*Exercise:*
Through the line that contains "unfoldable pub finish_lua_all", return the data below exactly, starting at its first line; leave the rest out.

*Provided data:*
+++

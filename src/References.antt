-- ===== src/References.antt =====
-- The Lua references of query data, `finishLuaQueryData` of src/mysql/IQuery.cpp and Transaction.cpp. The
-- Lua state and its `ReferenceFree` are parameters. References are numbers, 0 for none; the counter of
-- freed references, which is only printed, is left out.
pub mod Freed
use my_sqloo.Base.{ℕ, List, [], ◌∷◌, ◌==◌, if◌then◌else◌}
use my_sqloo.IQuery.{finish_query_data}
use my_sqloo.Objects.{Kind, transaction_kind, IQueryData, State}
use my_sqloo.QueryData.{set_data}

unfoldable pub clear_references : IQueryData → IQueryData
clear_references v = record v {
  on_data_reference = 0;
  error_reference = 0;
  abort_reference = 0;
  success_reference = 0;
  table_reference = 0;
}

module _ {Lua : Type 0} (reference_free : ℕ → Lua → Lua) where
  unfoldable pub free_if_set : ℕ → Lua → Lua
  free_if_set ref lua = if ref == 0 then lua else reference_free ref lua

  unfoldable pub free_references : IQueryData → Lua → Lua
  unfolding free_if_set
  free_references v lua = free_if_set v.success_reference (
      free_if_set v.abort_reference (
        free_if_set v.error_reference
          (free_if_set v.on_data_reference (free_if_set v.table_reference lua))))

  module _ {World : Type 0} where
    unfoldable pub finish_lua_data : ℕ → ℕ → State World × Lua → State World × Lua
    unfolding free_references clear_references
    finish_lua_data query d (s, lua) =
        let s' = finish_query_data query d s in
        (set_data d (clear_references (s'.query_data d)) s', free_references (s'.query_data d) lua)

    unfoldable pub finish_lua_all : List (ℕ × ℕ) → State World × Lua → State World × Lua
    finish_lua_all [] x = x
    finish_lua_all ((query, d) ∷ rest) x = finish_lua_all rest (finish_lua_data query d x)

    -- `TransactionData::finishLuaQueryData`
    unfoldable pub finish_lua_transaction : ℕ → ℕ → State World × Lua → State World × Lua
    unfolding finish_lua_all finish_lua_data
    finish_lua_transaction query d x =
        let (s, lua) = finish_lua_data query d x in finish_lua_all (s.query_data d).queries (s, lua)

+++

*Answer:*
filename src/References.antt
-- ===== src/References.antt =====
-- The Lua references of query data, `finishLuaQueryData` of src/mysql/IQuery.cpp and Transaction.cpp. The
-- Lua state and its `ReferenceFree` are parameters. References are numbers, 0 for none; the counter of
-- freed references, which is only printed, is left out.
pub mod Freed
use my_sqloo.Base.{ℕ, List, [], ◌∷◌, ◌==◌, if◌then◌else◌}
use my_sqloo.IQuery.{finish_query_data}
use my_sqloo.Objects.{Kind, transaction_kind, IQueryData, State}
use my_sqloo.QueryData.{set_data}

unfoldable pub clear_references : IQueryData → IQueryData
clear_references v = record v {
  on_data_reference = 0;
  error_reference = 0;
  abort_reference = 0;
  success_reference = 0;
  table_reference = 0;
}

module _ {Lua : Type 0} (reference_free : ℕ → Lua → Lua) where
  unfoldable pub free_if_set : ℕ → Lua → Lua
  free_if_set ref lua = if ref == 0 then lua else reference_free ref lua

  unfoldable pub free_references : IQueryData → Lua → Lua
  unfolding free_if_set
  free_references v lua = free_if_set v.success_reference (
      free_if_set v.abort_reference (
        free_if_set v.error_reference
          (free_if_set v.on_data_reference (free_if_set v.table_reference lua))))

  module _ {World : Type 0} where
    unfoldable pub finish_lua_data : ℕ → ℕ → State World × Lua → State World × Lua
    unfolding free_references clear_references
    finish_lua_data query d (s, lua) =
        let s' = finish_query_data query d s in
        (set_data d (clear_references (s'.query_data d)) s', free_references (s'.query_data d) lua)

    unfoldable pub finish_lua_all : List (ℕ × ℕ) → State World × Lua → State World × Lua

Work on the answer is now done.